The Structure of a Simple Text

Exploring the Index schema for "simple" texts at Sefaria.

The Schema of a Simple Text

The simplest Index records in the system have schema trees with just one node - a content node. Specifically, they have a JaggedArrayNode, which is a type of content node.

A Single-Node-Tree for a Simple Text

A Single-Node-Tree for a Simple Text

For the JaggedArrayNode there's a corresponding JaggedArray on the Version (not included in the diagram) containing the text.

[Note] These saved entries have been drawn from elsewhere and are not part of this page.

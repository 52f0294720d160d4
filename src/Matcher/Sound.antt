-- ===== src/Matcher/Sound.antt =====
-- The table of `parser_utils_strcmpi` against the comparison.
use tpe2026c1_socks.Matcher.Steps.{In, Ascii, Fed, class_found, feed_end, feed_letter, letter_type}
use tpe2026c1_socks.Matcher.{
  Parser, ParserDefinition, Transition, parser_feed, parser_init, parser_no_classes,
  parser_utils_strcmpi, string_cmp_neq,
}
use tpe2026c1_socks.Matcher.Spec.{feed_all, same_letter, starts, verdict}
use tpe2026c1_socks.Prelude.{
  Bool-cases, Bytes, List, [], ap, arith, false, get_elem?, inl, inr, length, none, refl, replicate,
  some, suc, sym, true, zero, ℕ, ◌+◌, ◌<◌, ◌==◌, ◌>>=◌, ◌↔◌, ◌∙◌, ◌∷◌, ◌≡◌, ◌≤◌, dec_le,
}

-- Behind a difference the answer stays.
feed_all_end :
    (t : Bytes) (p : Parser) (s : Bytes)
    → In p s (length s + 1)
    → Fed t
    → p.e1.type ≡ string_cmp_neq
    → (q : Parser) × (feed_all p t ≡ some q) × (q.e1.type ≡ string_cmp_neq)
unfolding feed_all
feed_all_end [] p s h f e = (p, refl, e)
feed_all_end (c ∷ t) p s h f e =
    let (q, fed, k, d) = feed_end p s (length s + 1) c h f.0 (inr refl) in
    let (r, done, last) = feed_all_end t q s k f.1 d in (r, rw (fed, ◌>>=◌) done, last)

verdict-step :
    (x c d : ℕ) (rest t : Bytes)
    → same_letter x c ≡ true
    → verdict (x ∷ rest) (c ∷ d ∷ t) ≡ verdict rest (d ∷ t)
unfolding verdict starts
verdict-step x c d rest t h =
    let e : (suc (suc (length t)) == suc (length rest)) ≡ (suc (length t) == length rest) =
      ground arith in
    rw (h, e) refl

verdict-other :
    (x c : ℕ) (rest t : Bytes)
    → same_letter x c ≡ false
    → verdict (x ∷ rest) (c ∷ t) ≡ string_cmp_neq
unfolding verdict starts
verdict-other x c rest t h = rw h refl

verdict-last :
    (x c n i : ℕ) (rest : Bytes)
    → same_letter x c ≡ true
    → i + length (x ∷ rest) ≡ n
    → letter_type n i ≡ verdict (x ∷ rest) (c ∷ [])
unfolding verdict starts letter_type
verdict-last x c n i rest h l =
    let e : (i + 1 == n) ≡ (1 == suc (length rest)) = ground arith in rw (h, e) refl

-- The texts differ at this byte, or did before.
run_other :
    (t : Bytes) (c x : ℕ) (rest : Bytes) (p : Parser) (s : Bytes) (i : ℕ)
    → In p s i
    → x < 128
    → Fed (c ∷ t)
    → get_elem? s i ≡ some x
    → same_letter x c ≡ false
    → (q : Parser) × (feed_all p (c ∷ t) ≡ some q) × (q.e1.type ≡ verdict (x ∷ rest) (c ∷ t))
unfolding feed_all
run_other t c x rest p s i h a f e other =
    let (q, fed, k, d) = feed_letter p s i c x h f.0 a e in
    let (r, done, last) = feed_all_end t q s (rw other at k) f.1 (rw other at d) in
    (r, rw (fed, ◌>>=◌) done, last ∙ sym (verdict-other x c rest t other))

run_from :
    (t : Bytes) (c : ℕ) (rest : Bytes) (p : Parser) (s : Bytes) (i : ℕ)
    → In p s i
    → ((j : ℕ) → get_elem? s (i + j) ≡ get_elem? rest j)
    → i + length rest ≡ length s
    → Ascii rest
    → Fed (c ∷ t)
    → (q : Parser) × (feed_all p (c ∷ t) ≡ some q) × (q.e1.type ≡ verdict rest (c ∷ t))
unfolding feed_all verdict starts
run_from t c [] p s i h w l a f =
    let (q, fed, k, d) = feed_end p s i c h f.0 (inl (omega arith)) in
    let (r, done, last) = feed_all_end t q s k f.1 d in (r, rw (fed, ◌>>=◌) done, last)
run_from [] c (x ∷ rest) p s i h w l a f =
    let e : get_elem? s i ≡ some x = ap (get_elem? s) (omega arith) ∙ w 0 in
    elim (Bool-cases (same_letter x c)) [
      | inr other ↦ run_other [] c x rest p s i h a.0 f e other
      | inl same ↦
          let (q, fed, k, d) = feed_letter p s i c x h f.0 a.0 e in
          (q, rw (fed, ◌>>=◌) refl, rw same at d ∙ verdict-last x c (length s) i rest same l)
    ]
run_from (c' ∷ t) c (x ∷ rest) p s i h w l a f =
    let e : get_elem? s i ≡ some x = ap (get_elem? s) (omega arith) ∙ w 0 in
    elim (Bool-cases (same_letter x c)) [
      | inr other ↦ run_other (c' ∷ t) c x rest p s i h a.0 f e other
      | inl same ↦
          let (q, fed, k, d) = feed_letter p s i c x h f.0 a.0 e in
          let (r, done, last) =
            run_from t c' rest q s (i + 1) (rw same at k)
              (λ j. ap (get_elem? s) (omega arith) ∙ w (suc j)) (omega (arith, l)) a.1 f.1 in
          (r, rw (fed, ◌>>=◌) done, last ∙ sym (verdict-step x c c' rest t same))
    ]

-- The parser that `parser_utils_strcmpi` describes for an ASCII text `s`, with the classes of
-- `parser_no_classes`, fed with a text of one or more bytes below 255: no access leaves an array,
-- and the type of the last event is STRING_CMP_EQ exactly where the text is `s` in any case,
-- STRING_CMP_MAYEQ where it is a proper beginning of `s`, and STRING_CMP_NEQ otherwise.
pub strcmpi-verdict :
    (s : Bytes) (c : ℕ) (t : Bytes)
    → Ascii s
    → Fed (c ∷ t)
    → (q : Parser) × (feed_all (parser_init parser_no_classes (parser_utils_strcmpi s)) (c ∷ t)
        ≡ some q)
      × (q.e1.type ≡ verdict s (c ∷ t))
unfolding parser_init parser_utils_strcmpi
strcmpi-verdict s c t a f =
    run_from t c s (parser_init parser_no_classes (parser_utils_strcmpi s)) s 0
      (record { classes = refl; def = refl; state = refl }) (λ j. ap (get_elem? s) (omega arith))
      (omega arith) a f

replicate_end : (n c : ℕ) → n ≤ c → get_elem? {A = ℕ} (replicate n 0) c ≡ none
replicate_end zero c h = refl
replicate_end (suc n) zero h = absurd (omega (arith, h))
replicate_end (suc n) (suc c) h = replicate_end n c (omega arith)

class_end : (c : ℕ) → 255 ≤ c → get_elem? parser_no_classes c ≡ none
unfolding parser_no_classes
class_end c h = replicate_end 255 c h

-- With the classes of `parser_no_classes`, in a state that the definition has, `parser_feed` reads
-- behind the array of classes exactly for the bytes from 255 on, of which there is one.
pub class_missing :
    (def : ParserDefinition) (state : ℕ) (ts : List Transition) (c : ℕ)
    → get_elem? def.states state ≡ some ts
    → (parser_feed (record (parser_init parser_no_classes def) { state = state }) c ≡ none)
      ↔ (255 ≤ c)
unfolding parser_feed parser_init
class_missing def state ts c e = (
  λ h. elim (dec_le 255 c) [
    | yes k ↦ k
    | no k ↦ absurd (cc (rw (class_found c (omega arith), ◌>>=◌, e) at h))
  ],
  λ h. rw (class_end c h, ◌>>=◌) refl,
)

Example: The Book of Genesis

An example of a simple schema is the book of Genesis. The text for Genesis is stored in a depth 2 JaggedArray - an array of elements of elements. Each outer element represents a chapter, and each element within that element is an array of strings, which are verses.

The content for this book looks like this:

[
  ["Verse 1:1", "Verse 1:2", ...] # Chapter 1
  ["Verse 2:1", "Verse 2:2", ...] # Chapter 2
  [...] 
]

The Index schema describing the book looks like this.

{
    "title" : "Genesis",
    "maps" : [],
    "order" : [1, 1],
    "categories" : ["Tanach", "Torah"],
    "schema" : {
        "titles" : [ 
            {
                "lang" : "en",
                "text" : "Genesis",
                "primary" : True
            }, 
            {
                "lang" : "en",
                "text" : "Bereishit"
            }, 
            {
                "lang" : "he",
                "text" : "בראשית",
                "primary" : True
            }
        ],
        "nodeType" : "JaggedArrayNode",
        "lengths" : [50, 1533],
        "depth" : 2,
        "sectionNames" : ["Chapter", "Verse"],
        "addressTypes" : ["Integer", "Integer"],
        "key" : "Genesis"
    }
}

Let's dive into the various properties on the schema:

PropertyValue in GenesisExplanation
keyGenesisA text field. For a single node schema like this, the value of key is the same as the value of the title"field on the Index record.
nodeTypeJaggedArrayNodeThis corresponds to a related class in the Python code. The value, JaggedArrayNode, is currently the only one that is always used for single-node classes.
titles[ { "lang" : "en", "text" : "Genesis", "primary" : True }, { "lang" : "en", "text" : "Breishit" }, { "lang" : "he", "text" : "בראשית", "primary" :True } ]An array of dictionaries specifying titles for this node (for full description of how titles work, see Titles. Each title dictionary has two required keys:
- text : The title string
- lang: Either "en" or "he"
- primary: This field needs to be present and True for exactly one Hebrew and one English title.
depth2The depth of the JaggedArray. A two dimensional array (i.e. a list of lists) would have a depth of 2, and a three dimensional array (i.e. a list of lists of lists) would have a depth of 3, etc.
addressTypes["Integer", "Integer"]Array with depth number of values, each one indicating how that level of the JaggedArray is addressed. Most commonly, these values are Integer, but could also be Talmud, or some less common values defined in safaria.model.schema
sectionNames["Chapter","Verse"]Array with depth number of values, each one a string name for that level of the JaggedArray.
toc_zoomn/aAn Integer value primarily used to adjust the way we choose to organize commentaries around the base text (and therefore not present on the Index of Genesis).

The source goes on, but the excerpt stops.